19 January 2016
I would know what he would answer me
and understand what he would say to me.
Would he contend with me in the greatness of his power?
No; he would pay attention to me.
There an upright man could argue with him,
and I would be acquitted forever by my judge.
In this moment, Lord, I am feeling an emotion that will change in ten minutes. Or maybe in three minutes. Inconsistent, we all tend to be. Like the wispy clouds tossed about in the wind. Like the beam of sunshine coming in through the window, shifting every few minutes as our planet spins.

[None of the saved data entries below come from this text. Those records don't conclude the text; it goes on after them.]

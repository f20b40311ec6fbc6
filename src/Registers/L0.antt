-- ===== src/Registers/L0.antt =====
-- Constants of .deprecated/inc/stm32_flash.h: the L0 and L1.
use libstlink.Prelude.{ℕ}

abbrev pub regs_addr : ℕ
regs_addr = 0x40022000

abbrev pub pekey1 : ℕ
pekey1 = 0x89abcdef

abbrev pub pekey2 : ℕ
pekey2 = 0x02030405

abbrev pub prgkey1 : ℕ
prgkey1 = 0x8c9daebf

abbrev pub prgkey2 : ℕ
prgkey2 = 0x13141516

abbrev pub optkey1 : ℕ
optkey1 = 0xfbead9c8

abbrev pub optkey2 : ℕ
optkey2 = 0x24252627

abbrev pub pelock : ℕ
pelock = 0

abbrev pub optlock : ℕ
optlock = 2

abbrev pub sr_error_mask : ℕ
sr_error_mask = 0x00013f00

abbrev pub sr_wrperr : ℕ
sr_wrperr = 8

abbrev pub sr_pgaerr : ℕ
sr_pgaerr = 9

abbrev pub sr_notzeroerr : ℕ
sr_notzeroerr = 16

abbrev pub l1_sr_error_mask : ℕ
l1_sr_error_mask = 0x00003f00

abbrev pub obl_launch : ℕ
obl_launch = 18

abbrev pub l1_fprg : ℕ
l1_fprg = 10

abbrev pub l1_prog : ℕ
l1_prog = 3
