-- ===== src/Registers/L4.antt =====
-- Constants of .deprecated/inc/stm32_flash.h: the L4.
use libstlink.Prelude.{ℕ, ◌+◌, ◌*◌, ◌^◌, bit_or}
use libstlink.Registers.L0

abbrev pub keyr : ℕ
keyr = L0.regs_addr + 0x08

abbrev pub optkeyr : ℕ
optkeyr = L0.regs_addr + 0x0c

abbrev pub sr : ℕ
sr = L0.regs_addr + 0x10

abbrev pub cr : ℕ
cr = L0.regs_addr + 0x14

abbrev pub optr : ℕ
optr = L0.regs_addr + 0x20

abbrev pub sr_error_mask : ℕ
sr_error_mask = 0x3f8

abbrev pub sr_progerr : ℕ
sr_progerr = 3

abbrev pub sr_wrperr : ℕ
sr_wrperr = 4

abbrev pub sr_pgaerr : ℕ
sr_pgaerr = 5

abbrev pub sr_bsy : ℕ
sr_bsy = 16

abbrev pub cr_lock : ℕ
cr_lock = 31

abbrev pub cr_optlock : ℕ
cr_optlock = 30

abbrev pub cr_pg : ℕ
cr_pg = 0

abbrev pub cr_per : ℕ
cr_per = 1

abbrev pub cr_mer1 : ℕ
cr_mer1 = 2

abbrev pub cr_mer2 : ℕ
cr_mer2 = 15

abbrev pub cr_strt : ℕ
cr_strt = 16

abbrev pub cr_pnb : ℕ
cr_pnb = 3

abbrev pub cr_opbits : ℕ
cr_opbits = bit_or (bit_or (bit_or (2 ^ cr_pg) (2 ^ cr_per)) (2 ^ cr_mer1)) (2 ^ cr_mer1)

abbrev pub cr_pagemask : ℕ
cr_pagemask = 0x1ff * 2 ^ cr_pnb

abbrev pub optr_dualbank : ℕ
optr_dualbank = 21

abbrev pub cr_optstrt : ℕ
cr_optstrt = 17

abbrev pub cr_obl_launch : ℕ
cr_obl_launch = 27
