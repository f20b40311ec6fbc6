-- ===== src/Registers/Memory.antt =====
-- Constants of .deprecated/inc/stm32.h and stlink.h: the flash base addresses, the L5 power control and
-- the dual bank flag.
use libstlink.Prelude.{ℕ, ◌^◌}

abbrev pub flash_base : ℕ
flash_base = 0x08000000

abbrev pub f1_flash_bank2_base : ℕ
f1_flash_bank2_base = 0x08080000

abbrev pub h7_flash_bank2_base : ℕ
h7_flash_bank2_base = 0x08100000

abbrev pub l5_pwr_cr1 : ℕ
l5_pwr_cr1 = 0x40007000

abbrev pub l5_pwr_cr1_vos : ℕ
l5_pwr_cr1_vos = 9

abbrev pub chip_has_dual_bank : ℕ
chip_has_dual_bank = 2 ^ 0

abbrev pub flash_regs_bank2_ofs : ℕ
flash_regs_bank2_ofs = 0x40

abbrev pub flash_bank2_start_addr : ℕ
flash_bank2_start_addr = 0x08080000

abbrev pub option_bytes_base_f0 : ℕ
option_bytes_base_f0 = 0x1ffff800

We wake up cheerful, and turn into a grouch quicker than an electric kettle can boil water. It is always something silly, or imagined in our own minds. How is it that we even get onto that tangent?
We walk a thin line between rushed and collected. We dash off places, somehow always lacking time. But then we hardly ever slow down enough to notice time.
We barely give a person the chance to say what they really wanted to say. Our own 'needs' seem to get in the way.
Help us pay attention to the moments we are in, at that moment, and not lose it to something else we are trying to get to. So many moments are rich in Your blessing and grace.
Let this momentary prayer be a consistent reminder of Your consistency, and my need for You. My inconsistency is not even reliable. But You, Lord, are reliable every moment of every day, without any fluctuation or variable. Thank you for being my constant.